Certes, ces jolies efforts de mise en scène sont au service d'un mélodrame des plus embarrassants, et ces belles images ne sont guère plus que le dernier souffle d'un cinéma muet en pleine agonie. Mais dans un film qui tente, à sa façon, de donner la version de Lubitsch de la mise en scène à la Murnau (C'est flagrant dans la façon de montrer les intérieurs de ces maisons rigoristes de montagnards teigneux), qui une fois posé le style de jeu flamboyant et encombrant de la Star incontestée, permet à des acteurs aussi intéressants que Varconi et Horn (Très probablement dirigés en Allemand, ils sont d'une grande justesse) de briller dans des rôles qui échappent eux aux clichés qui auraient pu les handicaper, il y a beaucoup plus que ces conventions. Que ce ne soit pas le meilleur film de Lubitch, c'est entendu, mais c'est un excellent film de John Barrymore.

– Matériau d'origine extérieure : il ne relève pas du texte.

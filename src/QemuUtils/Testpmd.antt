-- ===== src/QemuUtils/Testpmd.antt =====
-- resources/libraries/python/QemuUtils.py: the command lines of testpmd in the machine.
use csit.Base.{some, [], ◌∷◌, ◌++◌, if◌then◌else◌}
use csit.Base.Dict.{lookup}
use csit.Base.Int.{difference, show_int}
use csit.Base.Result.{key_error, Result, ok, or_raise, ◌>>=◌}
use csit.Base.Text.{Text, codes}
use Prim.Native.String.{String}
use csit.OptionString.{Object, text, str, truth_of, to_str}
use csit.DpdkUtil.{Kwargs, lit, lit_true, lit_false, number, get_testpmd_cmdline}
use csit.QemuUtils.{QemuUtils}

-- `self._opt.get(u'smp') - 1` in an f-string.
abbrev pub workers : QemuUtils → Text
workers self = show_int (difference self.smp 1)

-- `kwargs[key]`
abbrev pub required : String → Kwargs → Result Object
unfolding lookup
required key kwargs = or_raise key_error (lookup (codes key) kwargs)

-- `u"9200" if kwargs[u"jumbo_frames"] else u"1518"`
abbrev pub max_pkt_len : Object → Object
max_pkt_len jumbo_frames = if truth_of jumbo_frames then lit "9200" else lit "1518"

-- The arguments of `get_testpmd_cmdline`, with those of the forwarding mode among them.
abbrev pub testpmd_kwargs : QemuUtils → Text → Object → Object → Kwargs → Kwargs
testpmd_kwargs self mode queues jumbo_frames peers =
    (codes "eal_corelist", text (codes "0-" ++ workers self))
    ∷ (codes "eal_driver", lit_false)
    ∷ (codes "eal_pci_whitelist0", lit "0000:00:06.0")
    ∷ (codes "eal_pci_whitelist1", lit "0000:00:07.0")
    ∷ (codes "eal_in_memory", lit_true)
    ∷ (codes "pmd_num_mbufs", number "16384")
    ∷ (codes "pmd_fwd_mode", text mode)
    ∷ (codes "pmd_nb_ports", lit "2")
    ∷ (codes "pmd_portmask", lit "0x3")
    ∷ (codes "pmd_max_pkt_len", max_pkt_len jumbo_frames)
    ∷ (codes "pmd_mbuf_size", lit "16384")
    ∷ (peers
        ++ ((codes "pmd_rxq", queues)
            ∷ (codes "pmd_txq", queues)
            ∷ (codes "pmd_tx_offloads", lit "0x0")
            ∷ (codes "pmd_nb_cores", text (workers self))
            ∷ []))

abbrev pub with_testpmd : QemuUtils → Kwargs → QemuUtils
unfolding to_str
with_testpmd self kwargs = record self {
  vnf_bin = some (self.testpmd_path ++ (codes "/" ++ to_str (get_testpmd_cmdline kwargs)));
}

unfoldable pub create_kernelvm_config_testpmd_io : QemuUtils → Kwargs → Result QemuUtils
unfolding lookup to_str
create_kernelvm_config_testpmd_io self kwargs = required "jumbo_frames" kwargs >>= (λ jumbo_frames.
    required "queues" kwargs >>= (λ queues.
      ok (with_testpmd self (testpmd_kwargs self (codes "io") queues jumbo_frames []))))

abbrev pub peer : String → Object → Object
peer before mac = text (codes before ++ str mac)

unfoldable pub create_kernelvm_config_testpmd_mac : QemuUtils → Kwargs → Result QemuUtils
unfolding lookup to_str
create_kernelvm_config_testpmd_mac self kwargs = required "jumbo_frames" kwargs >>= (λ jumbo_frames.
    required "vif1_mac" kwargs >>= (λ vif1_mac. required "vif2_mac" kwargs >>= (λ vif2_mac.
      required "queues" kwargs >>= (λ queues. ok (
        with_testpmd self (
          testpmd_kwargs self (codes "mac") queues jumbo_frames (
            (codes "pmd_eth_peer_0", peer "0," vif1_mac)
            ∷ (codes "pmd_eth_peer_1", peer "1," vif2_mac)
            ∷ [])))))))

Pour finir, une petite pointe d'ironie positive: Mary Pickford, qui avait fait venir Lubitsch aux Etats-Unis en 1923, lui gardait rancune de leur mésentente sur le tournage de Rosita. Elle prétendait des années plus tard que c'était un incapable, qu'il n'était motivé que par la représentation des portes... C'est amusant de constater qu'ici, on a en effet une "mise en scène des portes", dans ces scènes qui savent utiliser les rapports entre les gens et le fonctionnement ancillaire des maisons, pour montrer la vie. Mais c'est sans doute aussi très paradoxal, que ce film muet tardif et si mal vu ait survécu justement grâce à l'appui, du vivant de la star; de... la Fondation Mary Pickford, entièrement dédiée à la préservation et au sauvetage des films muets.